Exercise brief:
Check every line below for the string "TlsStep", and copy the lines that contain it.

Input for this task:
========================

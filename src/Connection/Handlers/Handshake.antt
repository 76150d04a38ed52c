-- ===== src/Connection/Handlers/Handshake.antt =====
-- src/smtp_connection.c: the handler of the TLS handshake.
use smtpc_cli.Connection.State.{
  tls_ok, want_read, want_write, tls_error, log_tls_ok, log_tls_fail, log_tls_cert_warning, text,
  CertInfo, TlsStep, Platform, World, Run, done, ◌>>=◌, read_buf_size,
}
use smtpc_cli.Connection.Io.{emit, fail_with, or_error, write_raw, read_cipher}
use smtpc_cli.Capabilities.{cap_init}
use smtpc_cli.Common.{ℕ, not, [], Bytes, Option, some, none, ◌==◌, if◌then◌else◌, length}
use smtpc_cli.Connection.Handlers.{io_read, IoResult, await_banner, send_ehlo}

module _ (p : Platform) where
  open p use {Engine, create, handshake, encrypt, cert_info, accepts}

  -- Behind a finished handshake: the banner is still to come, or EHLO is sent again with no
  -- capabilities kept.
  unfoldable pub handle_established : CertInfo → Bytes → ℕ → World Engine → Run Engine
  handle_established cert ehlo_identity now_ms w = do
    w' ←
        (if cert.validated
          then emit log_tls_ok (text cert.subject) w
          else emit log_tls_cert_warning (text cert.failure_reason) w)
    if not w'.conn.banner_seen
        then await_banner p now_ms w'
        else send_ehlo p ehlo_identity now_ms
            (record w' { conn = record (w'.conn) { received = [] }; caps = cap_init })

  -- Behind a step of the engine.
  unfoldable pub handle_handshake_step : TlsStep Engine → Bytes → ℕ → World Engine → Run Engine
  handle_handshake_step step ehlo_identity now_ms w =
      let w' = record w { conn = record (w.conn) { tls = some step.engine } } in
      elim step.status [
        | want_write ↦ done (or_error (write_raw p step.out w'))
        | want_read ↦ done (or_error (read_cipher p w'))
        | tls_error ↦ fail_with log_tls_fail "TLS handshake failed" w'
        | tls_ok ↦ handle_established (cert_info step.engine) ehlo_identity now_ms w'
      ]

  -- The bytes that a completion feeds to the engine; `none` is a read that found the peer closed.
  abbrev pub handshake_input : IoResult → Option Bytes
  handshake_input result = elim result.kind [
    | io_read ↦ if length result.chunk == 0 then none else some result.chunk
    | _ ↦ some []
  ]

  unfoldable pub handle_handshake_input :
      Option Bytes → Engine → Bytes → ℕ → World Engine → Run Engine
  handle_handshake_input none engine ehlo_identity now_ms w =
      fail_with log_tls_fail "peer closed during the TLS handshake" w
  handle_handshake_input (some input) engine ehlo_identity now_ms w =
      handle_handshake_step (handshake engine input read_buf_size) ehlo_identity now_ms w

  -- `smtp_conn_handle_tls_handshake`; its callers have an engine.
  unfoldable pub handle_tls_handshake : IoResult → Engine → Bytes → ℕ → World Engine → Run Engine
  handle_tls_handshake result engine ehlo_identity now_ms w =
      if result.failed
      then fail_with log_tls_fail "TLS handshake I/O failed" w
      else handle_handshake_input (handshake_input result) engine ehlo_identity now_ms w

========================

Written solution:
  CertInfo, TlsStep, Platform, World, Run, done, ◌>>=◌, read_buf_size,
  unfoldable pub handle_handshake_step : TlsStep Engine → Bytes → ℕ → World Engine → Run Engine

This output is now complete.